- Directed by: David Blumenfeld and Matthew Kalman
- Produced by: David Blumenfeld and Matthew Kalman
- Starring: Yisrael Campbell
- Music by: Hadag Nachash
- Distributed by: Alden Films
- Release date: 2008;
- Running time: 43 min
- Language: English

= Circumcise Me =

Circumcise Me is a 2008 biographical film about the American-born Israeli comedian Yisrael Campbell. It was produced by Matthew Kalman, foreign news correspondent in Jerusalem for USA Today, Canada's Globe & Mail and other newspapers, and David Blumenfeld, an Israel-based photographer who has photographed for Time, Newsweek and other publications.
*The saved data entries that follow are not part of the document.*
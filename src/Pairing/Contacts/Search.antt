-- ===== src/Pairing/Contacts/Search.antt =====
-- `FindByName` and `FindByAddress` of pairing/contacts.go.
use mathlib.Core.List.{Permᴰ}
use mathlib.Core.List.Permᴰ
use mesh_net.Base.{
  ◌≡◌, refl, ◌∙◌, Option, none, some, inl, inr, ◌⊎◌, [], ◌∷◌, Bytes, bytes_eq, bytes_eq_iff, lookup,
  All, arith, Bool-cases,
}
use mesh_net.Dht.Contact.Rearranged.{All-permᴰ}
use mesh_net.Pairing.Contacts.{
  Contact, ContactBook, Range, first_named, first_at, find_by_name, find_by_address,
}
use mesh_net.Pairing.Contacts.Kept.{
  Entries, HasDistinctKeys, IsKeyed, IsBook, Visits, lookup-has_key, lookup-permᴰ,
  HasDistinctKeys-permᴰ,
}

-- A search by a test returns a contact of the book that passes it, or the book has none.
abbrev pub IsSearch : (Contact → Type 0) → Entries → Option Contact → Type 0
IsSearch P m o =
    ((o ≡ none) × All (λ e. ¬ P e.1) m)
    ⊎ ((c : Contact) × (o ≡ some c) × P c × (lookup c.public_key m ≡ some c))

IsSearch-here :
    (P : Contact → Type 0) (e : Bytes × Contact) (m : Entries)
    → All IsKeyed (e ∷ m)
    → P e.1
    → IsSearch P (e ∷ m) (some e.1)
unfolding lookup
IsSearch-here P e m v h = inr (e.1, refl, h, ground (arith, v.0, bytes_eq_iff e.0 e.1.public_key))

IsSearch-there :
    (P : Contact → Type 0) (e : Bytes × Contact) (m : Entries) (o : Option Contact)
    → All IsKeyed (e ∷ m)
    → HasDistinctKeys (e ∷ m)
    → ¬ P e.1
    → IsSearch P m o
    → IsSearch P (e ∷ m) o
unfolding lookup
IsSearch-there P e m o v d h s = elim s [
  | inl (nothing, others) ↦ inl (nothing, (h, others))
  | inr (c, e', p, found) ↦ inr (
    c,
    e',
    p,
    ground
        (arith, found, d.0, bytes_eq_iff e.0 c.public_key, lookup-has_key c.public_key m c found),
  )
]

first_named-IsSearch :
    (name : Bytes) (m : Entries)
    → All IsKeyed m
    → HasDistinctKeys m
    → IsSearch (λ c. c.name ≡ name) m (first_named name m)
unfolding first_named
first_named-IsSearch name [] v d = inl (refl, tt)
first_named-IsSearch name ((k, c) ∷ m) v d = elim (Bool-cases (bytes_eq c.name name)) [
  | inl same ↦
      rw same (IsSearch-here (λ c. c.name ≡ name) (k, c) m v ((bytes_eq_iff c.name name).0 same))
  | inr other ↦ rw other (
      IsSearch-there (λ c. c.name ≡ name) (k, c) m _ v d
        (λ e. ground (arith, e, other, bytes_eq_iff c.name name))
        (first_named-IsSearch name m v.1 d.1))
]

first_at-IsSearch :
    (addr : Bytes) (m : Entries)
    → All IsKeyed m
    → HasDistinctKeys m
    → IsSearch (λ c. c.address ≡ addr) m (first_at addr m)
unfolding first_at
first_at-IsSearch addr [] v d = inl (refl, tt)
first_at-IsSearch addr ((k, c) ∷ m) v d = elim (Bool-cases (bytes_eq c.address addr)) [
  | inl same ↦
      rw same
        (IsSearch-here (λ c. c.address ≡ addr) (k, c) m v ((bytes_eq_iff c.address addr).0 same))
  | inr other ↦ rw other (
      IsSearch-there (λ c. c.address ≡ addr) (k, c) m _ v d
        (λ e. ground (arith, e, other, bytes_eq_iff c.address addr))
        (first_at-IsSearch addr m v.1 d.1))
]

IsSearch-visited :
    (P : Contact → Type 0) (m n : Entries) (o : Option Contact)
    → IsBook m
    → Permᴰ m n
    → (All IsKeyed n → HasDistinctKeys n → IsSearch P n o)
    → IsSearch P m o
IsSearch-visited P m n o v p h =
    elim (h (All-permᴰ IsKeyed p v.keyed) (HasDistinctKeys-permᴰ p v.distinct)) [
      | inl (nothing, others) ↦ inl (nothing, All-permᴰ (λ e. ¬ P e.1) (Permᴰ.symm p) others)
      | inr (c, e, q, found) ↦ inr (c, e, q, lookup-permᴰ c.public_key p v.distinct ∙ found)
    ]

-- Whatever the order in which the map of a book is visited that stores each contact under its own
-- key, one for each key, `FindByName` returns a contact of that name, which the book holds under
-- its public key, or nothing, and then no contact has that name; and `FindByAddress` does so for an
-- address.
pub find-IsSearch :
    (range : Range) (b : ContactBook) (name addr : Bytes)
    → Visits range
    → IsBook b.contacts
    → IsSearch (λ c. c.name ≡ name) b.contacts (find_by_name range b name)
      × IsSearch (λ c. c.address ≡ addr) b.contacts (find_by_address range b addr)
unfolding find_by_name find_by_address
find-IsSearch range b name addr visits v = (
  IsSearch-visited _ b.contacts (range b.contacts) _ v (visits b.contacts)
      (first_named-IsSearch name (range b.contacts)),
  IsSearch-visited _ b.contacts (range b.contacts) _ v (visits b.contacts)
      (first_at-IsSearch addr (range b.contacts)),
)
The film, originally screened under the title It's Not in Heaven: The Comedy of Yisrael Campbell, is about a Catholic convert to Judaism who has become a stand-up comedy star in Israel. Campbell's routine riffs on the fact that he converted to Judaism three times, once Reform, once Conservative and once Orthodox. The film has been screened in Toronto and Jerusalem, and was released in the United States by Alden Films in 2008.

== Reception ==
The Economist called the film "hilarious and moving". Academic Maureen Puffer-Rothenberg recommended it for Jewish studies programs, observing that it demonstrated the coexistence of religious traditions and modern sensibilities.